E-tolls: taking lies to a whole new level
Last week the transport department and SA National Roads Agency Ltd (Sanral) “engaged” Gauteng’s e-tolls committee. Two things stood out: the transport minister threatening to withdraw from the process because a legal expert wanted to “take on” Sanral CEO Nazir Alli and the minister, followed by acting director-general of transport, the department of transport spokesperson and finally Alli all coming up with different figures for a fuel levy.
They acutely highlighted the attitude adopted since before e-tolls came into being. Instead of “dispelling the misinformation spread by e-toll detractors” – the stated intent of talking to the panel – they managed to take it to a whole new level in demonstrating their arrogance and readiness to spread misinformation.
The fuel levy issue was the most conflated. Both the minister and DG referred to an additional R3.65/litre levy, and the spokesperson for the transport department tried to counter this by saying it was a total, not additional, amount. He said the additional sum would be R1.55/litre.
I saw DG Mawethu Vilana telling journalist Chantal Rutter an additional levy of R3.17/litre or R3.65/litre would be required when he spoke about this on ANN7 last Monday night. Apparently so did Alli, because the next day he told the panel an extra R3.69/ litre would be needed and “Sanral would be happy to get that”. It appears the players didn’t agree beforehand at which level to set the lie and ended up contradicting one another.
An extra R3.69/litre levy would generate R85 billion a year based on 2013 fuel-volume sales, and this would address the backlog on maintenance and road building countrywide.
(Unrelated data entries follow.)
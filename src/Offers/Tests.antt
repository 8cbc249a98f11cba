-- ===== src/Offers/Tests.antt =====
-- The theorem on the synchronisation, with one product that is new and one without stock figures.
use bazos.Base.{
  ℕ, ◌+◌, ◌≡◌, refl, none, some, List, [], ◌∷◌, true, length, if◌then◌else◌, ◌==◌, nat_eq, select,
  find_first, or_else, truthy, ℕ_discrete, Optional-discrete, String-discrete,
}
use bazos.Store.{Store, BazosAccount, by_key, ◌>>=◌}
use bazos.Store.Runs.{Ends}
use bazos.Store.Loops.{for_each, catch}
use bazos.Offers.{OffersEnv, SyncProduct, SyncResults, sync_from_catalog, sync_product}
use bazos.Offers.Steps.{Synchronises}
use bazos.Offers.Counts.{sync_from_catalog-counts}
use bazos.Fixtures.{shop, noon}

abbrev main_account : BazosAccount
main_account = record { id = 9; user_id = some "eva"; email = []; is_active = true; created_at = 1 }

abbrev account_shop : Store
account_shop = record shop { accounts = main_account ∷ [] }

abbrev lamp : ℕ → SyncProduct
lamp id = record { id = id; title = some "Lamp"; name = none; description = none }

abbrev two_lamps : OffersEnv
two_lamps = record {
  now = noon;
  search_products = λ active limit. some (lamp 71 ∷ lamp 72 ∷ []);
  total_available = λ id. if id == 71 then some 4 else none;
  product_price = λ id. some 50000;
}

abbrev synced_results : SyncResults
synced_results = record { created_count = 1; updated_count = 0; failed_count = 1; total = 2 }

synced-Ends :
    Ends
      (sync_from_catalog two_lamps (some 9) 100 true)
      account_shop
      synced_results
      (sync_from_catalog two_lamps (some 9) 100 true account_shop).1
unfolding sync_from_catalog sync_product for_each catch select find_first or_else truthy ◌>>=◌
    ℕ_discrete Optional-discrete String-discrete
synced-Ends = record { value = refl; store = refl }

sync_from_catalog-counts_example :
    (id : ℕ) × (products : List SyncProduct) × (some 9 ≡ some id)
    × ((a : BazosAccount) × (by_key (λ (x : BazosAccount). x.id) id account_shop.accounts ≡ some a))
    × (some (lamp 71 ∷ lamp 72 ∷ []) ≡ some products)
    × Synchronises two_lamps id products account_shop
        (sync_from_catalog two_lamps (some 9) 100 true account_shop).1
        1
        0
        1
    × (2 ≡ length products)
    × (1 + (0 + 1) ≡ 2)
sync_from_catalog-counts_example =
    sync_from_catalog-counts two_lamps (some 9) 100 true account_shop
      (sync_from_catalog two_lamps (some 9) 100 true account_shop).1 synced_results synced-Ends
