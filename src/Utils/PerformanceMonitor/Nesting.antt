-- ===== src/Utils/PerformanceMonitor/Nesting.antt =====
-- Timers of scopes inside another.
use blockchain_messaging.Base.{
  ℕ, ◌+◌, ◌-◌, ◌≤◌, ◌≡◌, sym, ◌∙◌, append-nil, append_assoc, List, [], ◌∷◌, ◌++◌, Str, Floats,
  arith,
}
use blockchain_messaging.Utils.PerformanceMonitor.{scoped_timer, milliseconds, elapsed, end_timer}

-- A scope inside: its operation, its begin and its end.
abbrev Span : Type 0
Span = Str × ℕ × ℕ

-- The scopes follow each other between two points in time.
abbrev Between : ℕ → ℕ → List Span → Type 0
Between from to [] = from ≤ to
Between from to (s ∷ spans) = (from ≤ s.1) × (s.1 ≤ s.2) × Between (s.2) to spans

abbrev pub total : List Span → ℕ
total [] = 0
total (s ∷ spans) = milliseconds (s.2 - s.1) + total spans

Between-le : (from to : ℕ) (spans : List Span) → Between from to spans → from ≤ to
Between-le from to [] h = h
Between-le from to (s ∷ spans) h = omega (arith, Between-le (s.2) to spans)

total-Between :
    (from to : ℕ) (spans : List Span)
    → Between from to spans
    → total spans ≤ milliseconds (to - from)
unfolding milliseconds
total-Between from to [] h = omega arith
total-Between from to (s ∷ spans) h =
    omega (arith, total-Between (s.2) to spans, Between-le (s.2) to spans)

module _ (f : Floats) where
  -- What the timers of the scopes record, one after the other.
  abbrev record_all : List (Str × Floats.Double f) → List Span → List (Str × Floats.Double f)
  record_all log [] = log
  record_all log (s ∷ spans) =
      record_all
        (end_timer f (λ op time l. l ++ (op, time) ∷ []) (scoped_timer (s.0) (s.1)) (s.2) log) spans

  abbrev pub entries : List Span → List (Str × Floats.Double f)
  entries [] = []
  entries (s ∷ spans) = (s.0, f.of_nat (milliseconds (s.2 - s.1))) ∷ entries spans

  elapsed-le : (from to : ℕ) → from ≤ to → elapsed f from to ≡ f.of_nat (milliseconds (to - from))
  unfolding elapsed
  elapsed-le from to h = ground arith

  record_all-append :
      (from to : ℕ) (log : List (Str × Floats.Double f)) (spans : List Span)
      → Between from to spans
      → record_all log spans ≡ log ++ entries spans
  unfolding end_timer scoped_timer
  record_all-append from to log [] h = sym (append-nil log)
  record_all-append from to log (s ∷ spans) h = rw (elapsed-le (s.1) (s.2) h.1) (
      record_all-append (s.2) to (log ++ (s.0, f.of_nat (milliseconds (s.2 - s.1))) ∷ []) spans h.2
      ∙ append_assoc log ((s.0, f.of_nat (milliseconds (s.2 - s.1))) ∷ []) (entries spans))

  -- Scopes that follow each other inside another scope record their operations in order, with their
  -- whole milliseconds, and these are together no more than what the outer scope records.
  record_all-entries :
      (from to : ℕ) (log : List (Str × Floats.Double f)) (spans : List Span)
      → Between from to spans
      → (record_all log spans ≡ log ++ entries spans)
        × (total spans ≤ milliseconds (to - from))
        × (elapsed f from to ≡ f.of_nat (milliseconds (to - from)))
  record_all-entries from to log spans h = (
    record_all-append from to log spans h,
    total-Between from to spans h,
    elapsed-le from to (Between-le from to spans h),
  )
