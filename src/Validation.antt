-- ===== src/Validation.antt =====
-- src/validation: validators and the consensus manager.
pub mod Validator
pub mod Consensus
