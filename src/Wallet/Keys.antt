-- ===== src/Wallet/Keys.antt =====
-- The keys and the address of a new wallet.
use blockchain_messaging.Base.{
  ℕ, ◌≡◌, List, [], ◌∷◌, take, length, ok, Result-cases, inl, inr, arith,
}
use blockchain_messaging.Crypto.Hash.{hash, IsOpenSsl}
use blockchain_messaging.Crypto.Hash.Hex.{length-hash}
use blockchain_messaging.Crypto.Encryption.{generate_public_key}
use blockchain_messaging.Core.Transaction.{Externals, Double}
use blockchain_messaging.Wallet.{
  WalletExternals, Wal, hex_numbers, blank_wallet, generate_new_keys, new_wallet,
}

module _ (x : Externals) (w : WalletExternals x) where
  -- A new wallet holds a pair of keys, in the sense of `generatePublicKey`, and the address that
  -- goes with the public key, an 'M' and 30 characters (with digests of the documented length). It
  -- has received no message and has no payment waiting, and its balance is what the memory held.
  new_wallet-keys :
      (indeterminate : Double x) (draws : List ℕ) (v : Wal x w)
      → IsOpenSsl x.ssl
      → new_wallet x w indeterminate draws ≡ ok v
      → (generate_public_key x.encryption v.private_key ≡ ok v.public_key)
        × (v.address ≡ b'M' ∷ take 30 (hash x.ssl v.public_key))
        × (length v.address ≡ 31)
        × (v.received_messages ≡ [])
        × (v.pending ≡ [])
        × (v.balance ≡ indeterminate)
  unfolding new_wallet generate_new_keys blank_wallet
  new_wallet-keys indeterminate draws v s h =
      elim (Result-cases (generate_public_key x.encryption (hex_numbers draws))) [
        | inl (k, e) ↦ (
          ground arith,
          ground arith,
          ground (arith, length-hash x.ssl s v.public_key),
          ground arith,
          ground arith,
          ground arith,
        )
        | inr bad ↦ absurd (ground arith)
      ]
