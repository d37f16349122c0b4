-- ===== src/Wallet/Payments.antt =====
-- Outgoing payments against the balance of the wallet.
use blockchain_messaging.Base.{
  ℕ, ◌+◌, ◌≡◌, refl, List, [], ◌∷◌, ◌++◌, length, length-append, All, Str, false, Result, ok, ◌>>=◌,
  arith,
}
use blockchain_messaging.Core.Transaction.{Externals, TransactionType, Double, Tx, new_transfer}
use blockchain_messaging.Wallet.{WalletExternals, Wal, create_transaction}

module _ (x : Externals) (w : WalletExternals x) where
  -- A call of `createTransaction`: the clock, the unset memory, the recipient, the amount.
  record Payment : Type 0 where
    now : ℕ
    indeterminate : Double x
    recipient : Str
    amount : Double x

  -- One call after the other, as long as they return.
  abbrev pay_all : Wal x w → List Payment → Result (Wal x w)
  pay_all v [] = ok v
  pay_all v (p ∷ ps) =
      create_transaction x w p.now p.indeterminate v p.recipient p.amount >>= λ r. pay_all r.0 ps

  -- `amount > balance` is false.
  abbrev IsCovered : Double x → Payment → Type 0
  IsCovered balance p = x.floats.lt balance p.amount ≡ false

  -- The transaction that a payment makes.
  abbrev payment_of : Wal x w → Payment → Tx x
  payment_of v p =
      w.sign_transaction
        (w.set_amount
          (new_transfer x p.now p.indeterminate v.address p.recipient TransactionType.financial)
          p.amount)
        v.private_key

  create_covered :
      (v : Wal x w) (p : Payment)
      → IsCovered v.balance p
      → create_transaction x w p.now p.indeterminate v p.recipient p.amount
        ≡ ok (record v { pending = v.pending ++ payment_of v p ∷ [] }, payment_of v p)
  unfolding create_transaction
  create_covered v p h = rw h

  -- Payments that wait do not count against the balance: any number of payments, each of them
  -- covered by the balance alone, are all made and wait in the history, whatever their sum is, and
  -- the balance stays as it was.
  pay_all-pending :
      (v : Wal x w) (ps : List Payment)
      → All (IsCovered v.balance) ps
      → (v' : Wal x w) × (pay_all v ps ≡ ok v')
        × (v'.balance ≡ v.balance)
        × (length v'.pending ≡ length v.pending + length ps)
  pay_all-pending v [] h = (v, refl, refl, omega arith)
  pay_all-pending v (p ∷ ps) (covered, rest) =
      let v₁ : Wal x w = record v { pending = v.pending ++ payment_of v p ∷ [] } in
      let (v', run, same, long) = pay_all-pending v₁ ps rest in
      (
        v',
        rw (create_covered v p covered) run,
        same,
        omega (arith, long, length-append v.pending (payment_of v p ∷ [])),
      )
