-- ===== src/Protocol/Reassembler/Correct.antt =====
-- What a receiver may rely on when fragments reach `accept`.
use lora_messenger.Common.{
  ℕ, ◌+◌, ◌<◌, ◌≤◌, ◌≡◌, refl, sym, ◌∙◌, subst, true, false, none, some, List, ◌∷◌, length, nat_eq,
  list_eq, arith, All,
}
use lora_messenger.Core.Result.{success, success-injective}
use lora_messenger.Model.Post.{PostPayload, contains}
use lora_messenger.Model.Post.Valid.Rules.{IsPost}
use lora_messenger.Protocol.Limits.{Bytes, is_supported_mtu, frame_payload_capacity}
use lora_messenger.Protocol.FrameCodec.{DataFrame, expected_count}
use lora_messenger.Protocol.FrameCodec.Counts.{capacity_lem}
use lora_messenger.Protocol.PostCodec.{encode_post, decode_post, message_tag}
use lora_messenger.Protocol.PostCodec.Layout.{IsPostData}
use lora_messenger.Protocol.PostCodec.RoundTrip.{decode_post-encode_post}
use lora_messenger.Protocol.Fragmenter.{fragment_frame, fragment_post}
use lora_messenger.Protocol.Fragmenter.Shares.{count-le, count-pos}
use lora_messenger.Protocol.Fragmenter.Correct.{fragment_post-loop}
use lora_messenger.Protocol.Reassembler.Slots.{Slot, slot_has_key, find_slot, active_count, any_key}
use lora_messenger.Protocol.Reassembler.{accept}
use lora_messenger.Protocol.Reassembler.State.{
  Reassembler, complete, fragment_offset, has_bad_fields, has_bad_size,
}
use lora_messenger.Protocol.Reassembler.Invariant.{IsReassembler, IsSlot}
use lora_messenger.Protocol.Reassembler.Steps.{guards-IsFitting, payload-fits}
use lora_messenger.Protocol.Reassembler.Complete.{
  Arrival, indices, feed, first_deadline, InTime, canonical_frames_loop-fragment_loop,
  feed_complete,
}

-- A valid post at a supported transport size, its bytes and the datagrams it is sent in.
pub record IsSent (p : PostPayload) (mtu : ℕ) (bytes : Bytes) (sent : List Bytes) : Type 0 where
  pub valid : IsPost p
  pub is_data : IsPostData p
  pub supported : is_supported_mtu mtu ≡ true
  pub encoded : encode_post p ≡ success bytes
  pub fragmented : fragment_post p mtu ≡ success sent

-- A reassembler in order, in which nothing of the post is held and a slot is free.
pub record IsAwaiting (p : PostPayload) (mtu : ℕ) (r : Reassembler) : Type 0 where
  pub well_formed : IsReassembler r
  pub mtu_same : r.mtu ≡ mtu
  pub no_slot : find_slot (slot_has_key (message_tag p.message_id) p.sender_sequence) r.slots ≡ none
  pub room : active_count r.slots < 8
  pub unquarantined : any_key r.quarantine (message_tag p.message_id) p.sender_sequence ≡ false

abbrev pub fragment_total : ℕ → Bytes → ℕ
fragment_total mtu bytes = expected_count (length bytes) (frame_payload_capacity mtu)

-- The frames that `fragment_post` makes.
abbrev pub frames_of : PostPayload → ℕ → Bytes → ℕ → DataFrame
frames_of p mtu bytes =
    fragment_frame (message_tag p.message_id) p.sender_sequence bytes (frame_payload_capacity mtu)
      (fragment_total mtu bytes)

-- The fragments of a sent post come to a reassembler that awaits it, in any order and with any
-- repetitions, all before the deadline that the first of them sets. The last missing one is answered
-- with the post, its encoded bytes and the very datagrams that `fragment_post` made.
pub accept-complete :
    (p : PostPayload) (mtu : ℕ) (bytes : Bytes) (sent : List Bytes) (r : Reassembler)
    (arrivals : List Arrival) (i now : ℕ)
    → IsSent p mtu bytes sent
    → IsAwaiting p mtu r
    → All (InTime (fragment_total mtu bytes) (first_deadline arrivals now)) arrivals
    → i < fragment_total mtu bytes
    → now < first_deadline arrivals now
    → contains (indices arrivals) i ≡ false
    → ((j : ℕ) → j < fragment_total mtu bytes → contains (i ∷ indices arrivals) j ≡ true)
    → (accept (feed (frames_of p mtu bytes) r arrivals) (frames_of p mtu bytes i) now).0 ≡ record {
      status = complete;
      completed = some (record { post = p; canonical_post = bytes; canonical_frames = sent });
    }
accept-complete p mtu bytes sent r arrivals i now s v intime l t missing every =
    let (logical, encoded, decoded, lower, upper) = decode_post-encode_post p s.valid s.is_data in
    let same : logical ≡ bytes = success-injective (sym encoded ∙ s.encoded) in
    let low : 46 ≤ length bytes = subst (λ (b : Bytes). 46 ≤ length b) same lower in
    let high : length bytes ≤ 316 = subst (λ (b : Bytes). length b ≤ 316) same upper in
    let cap = capacity_lem mtu s.supported in
    let loop =
      fragment_post-loop p mtu bytes s.supported s.encoded
        (count-pos (length bytes) (frame_payload_capacity mtu) cap.0 low)
        (count-le (length bytes) (frame_payload_capacity mtu) cap.0 (omega arith) high) in
    feed_complete (message_tag p.message_id) p.sender_sequence bytes mtu s.supported low high
      s.valid.sequence_pos r arrivals i now p sent
      (record {
        well_formed = v.well_formed;
        mtu_same = v.mtu_same;
        no_slot = v.no_slot;
        room = v.room;
        unquarantined = v.unquarantined;
      })
      intime l t missing every
      (record {
        decoded = subst (λ (b : Bytes). decode_post (some b) ≡ success p) same decoded;
        own_tag = refl;
        own_sequence = refl;
        own_frames =
            canonical_frames_loop-fragment_loop (frames_of p mtu bytes) mtu
              (fragment_total mtu bytes) 0 sent (sym loop ∙ s.fragmented);
      })

-- A datagram that passes both guards is stored inside the buffers of any slot in order: its bytes end within
-- the slot's bytes and within the message, its length has a place in the slot's lengths, and its bit a
-- place in the 16 bits of the bitmap.
pub fragment-in_bounds :
    (r : Reassembler) (slot : Slot) (frame : DataFrame)
    → IsSlot slot
    → has_bad_fields r frame ≡ false
    → has_bad_size r frame ≡ false
    → (fragment_offset r frame.fragment_index + length frame.payload ≤ length slot.bytes)
      × (fragment_offset r frame.fragment_index + length frame.payload ≤ frame.total_length)
      × (frame.fragment_index < length slot.fragment_lengths)
      × (frame.fragment_index < 16)
fragment-in_bounds r slot frame v fields size =
    let fitting = guards-IsFitting r frame fields size in
    let fits = payload-fits r frame fitting in
    (
      omega (arith, fits, fitting.total_max, v.bytes_size),
      fits,
      omega (arith, fitting.index_lt, fitting.count_max, v.lengths_size),
      omega (arith, fitting.index_lt, fitting.count_max),
    )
It has little to do with the current Gauteng Freeway Improvement Project (GFIP), which Justice Project SA calculated would require an extra 14c per litre fuel levy to settle the R22 billion debt and maintain the GFIP.
The panel is reviewing e-tolling’s socioeconomic impact and is acutely focused on the current GFIP. The transport department and Sanral are trying to use the panel to address all road infrastructure issues throughout South Africa.
So who exactly is peddling “misinformation and lies”?